Sent from my iFail 5s


----------



## 2013LT (Jul 3, 2013)

Almost looks like lint particles trapped in the fabric. Needs some serious cleaning.


----------



## cruze01 (Mar 25, 2011)

Mine was doing this as well, not near as bad though. I used my wife's little green machine to shampoo the seats, it worked!


----------



## Gus_Mahn (Aug 16, 2011)

Blow it out with a blowgun. You'll be shocked by the amount of dust that comes out of even clean looking seats. After blowing shampoo.


----------



## CHEVYCRUZE RS (Mar 29, 2011)

i use a nice deep soft leather cleaner for my seats. more like a conditioner i found some interesting products last year and makes my interior stand out 24/7! carpet id recommend a carpet cleaner for cars ( i bought one from princess auto for $120) works wonders on carpets and soft fabrics.


----------



## Joegonzales22 (Oct 26, 2013)

I also have the jet black seats, but they look new!

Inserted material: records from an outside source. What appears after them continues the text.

-- ===== src/Time/Posix.antt =====
-- `rtc_to_posix` against the calendar and against `datetime_to_unix_timestamp`.
use dvida_oxide.Prelude.{
  ℕ, ◌+◌, ◌-◌, ◌*◌, ◌/◌, ◌%◌, ◌^◌, ◌≤◌, ◌≡◌, ◌∙◌, sym, ap, inl, inr, some, leb, if◌then◌else◌,
  Bool-cases, arith,
}
use dvida_oxide.Prelude.Int.{
  pos, ◌+ℤ◌, ◌-ℤ◌, ◌*ℤ◌, div_ℤ, as_word, +ℤ_pos, -ℤ_pos, *ℤ_pos, div_ℤ-pos,
}
use dvida_oxide.Time.{RtcDateTime, rtc_to_posix, datetime_to_unix_timestamp}
use dvida_oxide.Time.Days.{
  IsDate, days_before_year, days_before_year-suc, unix_days, unix_seconds,
  datetime_to_unix_timestamp_lem,
}

-- The sum that `rtc_to_posix` takes 719528 from, for a year and month counted from March.
abbrev pub march_days : ℕ → ℕ → ℕ → ℕ
march_days year month day =
    365 * year + year / 4 - year / 100 + year / 400 + (153 * month - 457) / 5 + day

abbrev pub march_year : RtcDateTime → ℕ
march_year dt = if leb dt.month 2 then dt.year - 1 else dt.year

abbrev pub march_month : RtcDateTime → ℕ
march_month dt = if leb dt.month 2 then dt.month + 12 else dt.month

pub march_days-eq-unix_days :
    (dt : RtcDateTime)
    → IsDate dt
    → march_days (march_year dt) (march_month dt) dt.day
      ≡ unix_days dt.year dt.month dt.day + 719469
unfolding days_before_year
march_days-eq-unix_days dt d = elim (Bool-cases (leb dt.month 2)) [
  | inl early ↦ rw early (ground arith)
  | inr late ↦ rw late (ground (arith, days_before_year-suc dt.year, d.year_from))
]

as_word-sub : (a b : ℕ) → b ≤ 2 ^ 32 → (as_word (2 ^ 32) (pos a -ℤ pos b) + b) % 2 ^ 32 ≡ a % 2 ^ 32
unfolding as_word ◌-ℤ◌
as_word-sub a b h = ground arith

march_lem :
    (year month day : ℕ)
    → pos 365 *ℤ pos year
        +ℤ div_ℤ (pos year) 4
        -ℤ div_ℤ (pos year) 100
        +ℤ div_ℤ (pos year) 400
        +ℤ pos ((153 * month - 457) / 5)
        +ℤ pos day
      ≡ pos (march_days year month day)
march_lem year month day = rw (
  div_ℤ-pos year 4,
  div_ℤ-pos year 100,
  div_ℤ-pos year 400,
  *ℤ_pos,
  +ℤ_pos,
  -ℤ_pos (365 * year + year / 4) (year / 100) (omega arith),
  +ℤ_pos,
  +ℤ_pos,
  +ℤ_pos,
)

rtc_to_posix-march :
    (dt : RtcDateTime)
    → 1 ≤ dt.year
    → rtc_to_posix dt
      ≡ (as_word (2 ^ 32) (pos (march_days (march_year dt) (march_month dt) dt.day) -ℤ pos 719528)
            * 86400
          + dt.hour * 3600
          + dt.minute * 60
          + dt.second)
        % 2 ^ 32
unfolding rtc_to_posix
rtc_to_posix-march dt h = elim (Bool-cases (leb dt.month 2)) [
  | inl early ↦ rw (early, rtc_to_posix, -ℤ_pos dt.year 1 h, march_lem)
  | inr late ↦ rw (late, rtc_to_posix, march_lem)
]

-- For every date from 1970 on, `rtc_to_posix` is 59 days behind `unix_seconds`, in 32-bit
-- arithmetic.
pub rtc_to_posix_behind :
    (dt : RtcDateTime)
    → IsDate dt
    → (rtc_to_posix dt + 59 * 86400) % 2 ^ 32 ≡ unix_seconds dt % 2 ^ 32
rtc_to_posix_behind dt d =
    let days = march_days-eq-unix_days dt d in
    let w = as_word-sub (march_days (march_year dt) (march_month dt) dt.day) 719528 (omega arith) in
    rw (rtc_to_posix-march dt (omega (arith, d.year_from))) (omega (arith, days, w))

-- The two conversions of a date to seconds disagree by 59 days, in 32-bit arithmetic.
pub rtc_to_posix-datetime_to_unix_timestamp :
    (dt : RtcDateTime) (n : ℕ)
    → IsDate dt
    → datetime_to_unix_timestamp dt ≡ some (pos n)
    → (rtc_to_posix dt + 59 * 86400) % 2 ^ 32 ≡ n % 2 ^ 32
rtc_to_posix-datetime_to_unix_timestamp dt n d e =
    rtc_to_posix_behind dt d
    ∙ ap (λ k. k % 2 ^ 32) (cc (sym (datetime_to_unix_timestamp_lem dt d) ∙ e))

Thinking about buying seat covers regardless just in case.


----------



## CHEVYCRUZE RS (Mar 29, 2011)

^ i wish they made clear seat covers lol, the seat covers around here are LAME af!!! lol


----------



## Joegonzales22 (Oct 26, 2013)

CHEVYCRUZE RS said:


> ^ i wish they made clear seat covers lol, the seat covers around here are LAME af!!! lol


You are cleaver my friend!! Clear seat covers that don't sound like plastic when you sit down!! ^ Same reason I haven't bought covers yet, maybe I'm too picky. I digress, I still haven't dropped on a set of weather tech mats...


----------